************
qm2ff module
************

.. automodule:: mammoth.qm2ff

The qm2ff module mainly implement the `QM2FF` class which implement an automatic
method in order to set up a classical force fields from a QM calculation. The
methodology is based on the following references:

    1. Bautista, E. J.; Seminario, J. M. Int. J. Quantum Chem. 2008, 108 (1), 180–188.
    2. Seminario, J. M. Int. J. Quantum Chem. 1996, 60 (7), 1271–1277.

Summary of implementation strategy
==================================

This is a short summary of the choice made for the implementation.

About bonds
-----------

The core part is the definition of the bonds according to a bond search strategy.

* ``hessian``: bonds are selected if the bond constant is real and positive.
* ``bond_order``: bonds are selected if the bond order value is not null.
* ``hybrid``: union of the ``hessian`` and ``bond_order`` strategy
* ``connectivity``: bonds are selected according to the provide connectivity.

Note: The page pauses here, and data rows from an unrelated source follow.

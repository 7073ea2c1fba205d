-- ===== src/Tests/Workspace.antt =====
-- Hibernation and cron schedules of a workspace in a small cluster that lives in memory.
use forkspacer.Base.{ℕ, ◌+◌, ◌≡◌, ◌⊎◌, ◌↔◌, refl, true, false, not, none, some, [], ◌∷◌, lookup}
use forkspacer.Go.{ok}
use forkspacer.Api.Meta.{ObjectKey}
use forkspacer.Api.Workspace.{Workspace, WorkspaceAutoHibernation}
use forkspacer.Api.Module
use forkspacer.Api.Module.{Module}
use forkspacer.Controller.Retry.{retry_times, retry_times-Attempts}
use forkspacer.Controller.Workspace.{
  Run, Client, ClientLaws, is_some, with_hibernated, handle_hibernation, resume_modules,
  hibernate_module_and_wait,
}
use forkspacer.Controller.Workspace.Hibernation.{
  Settled, handle_hibernation-Settled, resume_modules-asleep,
}
use forkspacer.Controller.Workspace.Wait.{Slept, hibernate_module_and_wait-Slept}
use forkspacer.Controller.Cron.{
  Scheduler, CronManager, blocked, done, add_cron, handle_auto_hibernation,
}
use forkspacer.Controller.Cron.Laws.{
  Changes, add_cron-blocked_iff, handle_auto_hibernation-disabled,
}
use forkspacer.Webhook.Workspace.{managed_connection}
use forkspacer.Controller.Managed.{Environment, installation}
use forkspacer.Controller.Managed.Names.{exported, managed_connection-installation_iff}
use forkspacer.Tests.Data.{dev, redis_with, replicas}

pub record Cluster : Type 0 where
  pub workspace_object : Workspace
  pub module_object : Module
  pub time : ℕ

-- The module sleeps as soon as it is asked to.
abbrev client : Client Cluster
client = record {
  get_workspace = λ key w. (ok w.workspace_object, w);
  update_workspace = λ x w. (ok x, record w { workspace_object = x });
  patch_workspace = λ old x w. (ok x, record w { workspace_object = x });
  update_status = λ x w. (ok x, record w { workspace_object = x });
  list_modules = λ key w. (ok (w.module_object ∷ []), w);
  get_module = λ key w. (ok w.module_object, w);
  patch_module = λ old new w.
      let m : Module = record new { status = record new.status { phase = Module.sleeped } } in
      (ok m, record w { module_object = m });
  create_module = λ new w. (ok new, w);
  delete_module = λ key w. (ok tt, w);
  now = λ w. (w.time, w);
  sleep = λ seconds w. record w { time = w.time + seconds };
  retry = retry_times 4;
}

client_laws : ClientLaws client
client_laws = record { retries = retry_times-Attempts 4 }

abbrev key : ObjectKey
key = record { key_namespace = "default"; key_name = "dev" }

abbrev redis : Module
redis = redis_with (replicas ∷ []) "{replicas: 3}" Module.ready none

abbrev tired : Workspace
tired = record dev { spec = record dev.spec { hibernated = true } }

abbrev woken : Workspace
woken = record dev { status = record dev.status { hibernated_at = some 5 } }

abbrev run : Module → Run Cluster
run m = record {
  world = record { workspace_object = tired; module_object = m; time = 7 };
  trace = [];
}

handle_hibernation-Settled_example :
    ((is_some tired.status.hibernated_at ≡ tired.spec.hibernated)
      × (handle_hibernation client key tired (run redis) ≡ (ok tired, run redis)))
    ⊎ ((is_some tired.status.hibernated_at ≡ not tired.spec.hibernated)
        × Settled client client_laws key true
            (run redis)
            (handle_hibernation client key tired (run redis)))
handle_hibernation-Settled_example =
    handle_hibernation-Settled client client_laws key tired (run redis)

resume_modules-asleep_example :
    resume_modules client key woken (run (with_hibernated true redis))
    ≡ (ok tt, run (with_hibernated true redis))
resume_modules-asleep_example =
    resume_modules-asleep client client_laws key woken (with_hibernated true redis ∷ [])
      (run (with_hibernated true redis)).world (run (with_hibernated true redis)) refl refl
      (refl, tt)

hibernate_module_and_wait-Slept_example :
    Slept 540000 [] (hibernate_module_and_wait client redis (run redis))
hibernate_module_and_wait-Slept_example = hibernate_module_and_wait-Slept client redis (run redis)

-- A schedule is a number of hours, of which the scheduler keeps that of its last entry.
abbrev scheduler : Scheduler ℕ ℕ
scheduler = record {
  parse = λ s. ok 8;
  next = λ hours now. now + hours;
  entry = λ id hours. hours;
  add_func = λ s hours. (ok 1, 8);
  remove = λ id hours. hours;
}

-- the entry fires after five hours, and the new schedule after eight
abbrev used : CronManager ℕ
used = record { locked = false; id_mapper = ("uid", 1) ∷ []; cron = 5 }

add_cron-blocked_iff_example :
    (add_cron scheduler "0 8 * * *" "uid" true 0 used ≡ blocked)
    ↔ Changes scheduler "0 8 * * *" "uid" 0 used
add_cron-blocked_iff_example = add_cron-blocked_iff scheduler "0 8 * * *" "uid" 0 used refl

abbrev off : WorkspaceAutoHibernation
off = record { enabled = false; schedule = "0 18 * * *"; wake_schedule = none }

handle_auto_hibernation-disabled_example :
    (sleep' resume' : CronManager ℕ) × (handle_auto_hibernation scheduler "uid" 0
        (some off)
        (used, used)
      ≡ done (sleep', resume'))
    × (lookup "uid" sleep'.id_mapper ≡ none)
    × (lookup "uid" resume'.id_mapper ≡ none)
handle_auto_hibernation-disabled_example =
    handle_auto_hibernation-disabled scheduler "uid" 0 off used used refl refl refl

abbrev plain_env : Environment
plain_env variable = ""

managed_connection-installation_iff_example :
    ((managed_connection "dev").secret_reference ≡ some (exported (installation plain_env "dev")))
    ↔ ((plain_env "VCLUSTER_KUBECONFIG_SECRET_NAME" ≡ "")
        ⊎ (plain_env "VCLUSTER_KUBECONFIG_SECRET_NAME" ≡ "vc-kubeconfig"))
managed_connection-installation_iff_example = managed_connection-installation_iff plain_env "dev"
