-- ===== src/Webhook.antt =====
-- The admission webhooks of internal/webhook/v1.
pub mod Field
pub mod Workspace
pub mod Module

At the end of the bonds definition, the ``bond_list`` list is filled in order to
further build the angle, dihedral and improper lists. The ``bond_list`` is filled
from either the bond_order or the connectivity. That means that the bonds
identified from the force constants computed in the ``hessian`` bond search
strategy are not considered.

About angles
------------

We consider that a bending angle exist between three atoms i, j and k if atom
j is bonded to both atoms i and k.

Next, all force constants are considered and a warning is printed if some
eigenvalues present an imaginary part.

At the end, the ``angle_list`` and the list ``angles`` are consistant.

About dihedrals
---------------

Two types of dihedrals are available. *Parabolic* dihedrals are represented by a
quadratic potential energy such as:

.. math::

    V_{\phi} = k_{\phi}^{para} (\phi - \phi_o)^2

*harminonic* dihedrals are represented by a sinusiidal potential energy such as:

.. math::

    V_{\phi} = k_{\phi}^{harm} \left[1 + \cos(p \phi - \delta) \right]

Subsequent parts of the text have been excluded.